[Collected data]
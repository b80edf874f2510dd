-- ===== src/Base/Counts.antt =====
-- Texts in lists: whether one is there and how often, which forgets their order, and Python's `sorted`.
use Prim.Native.Nat.{ℕ, suc, ◌+◌, ◌≤◌, Ordering}
use Prim.Native.String.{String, compare, ◌++◌ as ◌<>◌}
use mathlib.Core.Path.{◌≡◌, refl}
use mathlib.Core.Bool.{not, ◌&&◌, Bool, true, false}
use mathlib.Core.List.{List, [], ◌∷◌, ◌++◌}
use native.Mathlib.Omega.{arith}
use text.Mathlib.TextEquality.{eq_iff}
use hermes_mcp_bridge.Base.Tests.{str_eq, leb, if◌then◌else◌}
use hermes_mcp_bridge.Base.Lists.{length, All}
use hermes_mcp_bridge.Base.Text.{any_of}

-- `x in xs`
abbrev pub member : String → List String → Bool
member x xs = any_of (str_eq x) xs

abbrev pub one_if : Bool → ℕ
one_if true = 1
one_if false = 0

abbrev pub count : String → List String → ℕ
count a [] = 0
count a (x ∷ xs) = one_if (str_eq a x) + count a xs

abbrev pub text_le : String → String → Bool
text_le a b = elim (compare a b) [ Ordering.gt ↦ false | _ ↦ true ]

insert : String → List String → List String
insert a [] = a ∷ []
insert a (x ∷ xs) = let rest = insert a xs in if text_le a x then a ∷ x ∷ xs else x ∷ rest

unfoldable pub sorted : List String → List String
unfolding insert
sorted [] = []
sorted (x ∷ xs) = insert x (sorted xs)

-- The elements of `is` that are not in `out`.
abbrev pub without : List String → List String → List String
without out [] = []
without out (i ∷ is) = let rest = without out is in if member i out then rest else i ∷ rest

pub member-without :
    (i : String) (out is : List String)
    → member i (without out is) ≡ (member i is && not (member i out))
member-without i out [] = refl
member-without i out (j ∷ is) = ground (arith, member-without i out is, eq_iff i j)

-- ",".join(xs)
abbrev pub join : List String → String
join [] = ""
join (x ∷ []) = x
join (x ∷ y ∷ ys) = x <> ("," <> join (y ∷ ys))

pub count-append : (a : String) (xs ys : List String) → count a (xs ++ ys) ≡ count a xs + count a ys
count-append a [] ys = omega arith
count-append a (x ∷ xs) ys = omega (arith, count-append a xs ys)

pub member-count : (a : String) (xs : List String) → member a xs ≡ leb 1 (count a xs)
member-count a [] = refl
member-count a (x ∷ xs) = ground (arith, member-count a xs)

count-insert :
    (a x : String) (xs : List String) → count a (insert x xs) ≡ one_if (str_eq a x) + count a xs
unfolding insert
count-insert a x [] = refl
count-insert a x (y ∷ ys) = ground (arith, count-insert a x ys)

pub count-sorted : (a : String) (xs : List String) → count a (sorted xs) ≡ count a xs
unfolding sorted
count-sorted a [] = refl
count-sorted a (x ∷ xs) = omega (arith, count-insert a x (sorted xs), count-sorted a xs)

-- The list without the first that is there.
remove : String → List String → List String
remove a [] = []
remove a (x ∷ xs) = let rest = remove a xs in if str_eq a x then xs else x ∷ rest

count-remove :
    (a b : String) (xs : List String)
    → 1 ≤ count b xs
    → count a (remove b xs) + one_if (str_eq a b) ≡ count a xs
unfolding remove
count-remove a b [] h = absurd (omega arith)
count-remove a b (x ∷ xs) h =
    ground (arith, count-remove a b xs, eq_iff a b, eq_iff b x, eq_iff a x)

length-remove :
    (b : String) (xs : List String) → 1 ≤ count b xs → suc (length (remove b xs)) ≡ length xs
unfolding remove
length-remove b [] h = absurd (omega arith)
length-remove b (x ∷ xs) h = ground (arith, length-remove b xs)

pub count_self : (x : String) (xs : List String) → 1 ≤ count x (x ∷ xs)
count_self x xs = ground (arith, eq_iff x x)

-- Where nothing is more often, the list is no longer.
pub length-le_of_count :
    (xs ys : List String) → ((a : String) → count a xs ≤ count a ys) → length xs ≤ length ys
length-le_of_count [] ys h = omega arith
length-le_of_count (x ∷ xs) ys h =
    let there : 1 ≤ count x ys = omega (arith, h x, count_self x xs) in
    omega (
      arith,
      length-remove x ys there,
      length-le_of_count xs (remove x ys) (λ a. omega (arith, h a, count-remove a x ys there)),
    )

-- And where it is as long, everything is as often.
pub count-eq_of_length :
    (xs ys : List String)
    → ((a : String) → count a xs ≤ count a ys)
    → length ys ≤ length xs
    → (a : String) → count a xs ≡ count a ys
count-eq_of_length [] [] h l a = refl
count-eq_of_length [] (y ∷ ys) h l a = absurd (omega arith)
count-eq_of_length (x ∷ xs) ys h l a =
    let there : 1 ≤ count x ys = omega (arith, h x, count_self x xs) in
    omega (
      arith,
      count-remove a x ys there,
      count-eq_of_length xs (remove x ys) (λ b. omega (arith, h b, count-remove b x ys there))
          (omega (arith, length-remove x ys there)) a,
    )

pub nil_of_count : (xs : List String) → ((a : String) → count a xs ≡ 0) → xs ≡ []
nil_of_count [] h = refl
nil_of_count (x ∷ xs) h = absurd (omega (arith, h x, count_self x xs))

pub All-members {κ} :
    {P : String → Type κ} (xs : List String) → ((i : String) → member i xs ≡ true → P i) → All P xs
All-members [] h = tt
All-members (x ∷ xs) h =
    (h x (ground (arith, eq_iff x x)), All-members xs (λ i m. h i (ground (arith, m))))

== Work instructions ==
What is needed is an exact copy of the lines above, from the one containing "b) ≡ count a xs" through the one containing "xs ≡ count a ys", with nothing added.

== Response to this task ==
    → count a (remove b xs) + one_if (str_eq a b) ≡ count a xs
unfolding remove
count-remove a b [] h = absurd (omega arith)
count-remove a b (x ∷ xs) h =
    ground (arith, count-remove a b xs, eq_iff a b, eq_iff b x, eq_iff a x)

length-remove :
    (b : String) (xs : List String) → 1 ≤ count b xs → suc (length (remove b xs)) ≡ length xs
unfolding remove
length-remove b [] h = absurd (omega arith)
length-remove b (x ∷ xs) h = ground (arith, length-remove b xs)

pub count_self : (x : String) (xs : List String) → 1 ≤ count x (x ∷ xs)
count_self x xs = ground (arith, eq_iff x x)

-- Where nothing is more often, the list is no longer.
pub length-le_of_count :
    (xs ys : List String) → ((a : String) → count a xs ≤ count a ys) → length xs ≤ length ys
length-le_of_count [] ys h = omega arith
length-le_of_count (x ∷ xs) ys h =
    let there : 1 ≤ count x ys = omega (arith, h x, count_self x xs) in
    omega (
      arith,
      length-remove x ys there,
      length-le_of_count xs (remove x ys) (λ a. omega (arith, h a, count-remove a x ys there)),
    )

-- And where it is as long, everything is as often.
pub count-eq_of_length :
    (xs ys : List String)
    → ((a : String) → count a xs ≤ count a ys)
    → length ys ≤ length xs
    → (a : String) → count a xs ≡ count a ys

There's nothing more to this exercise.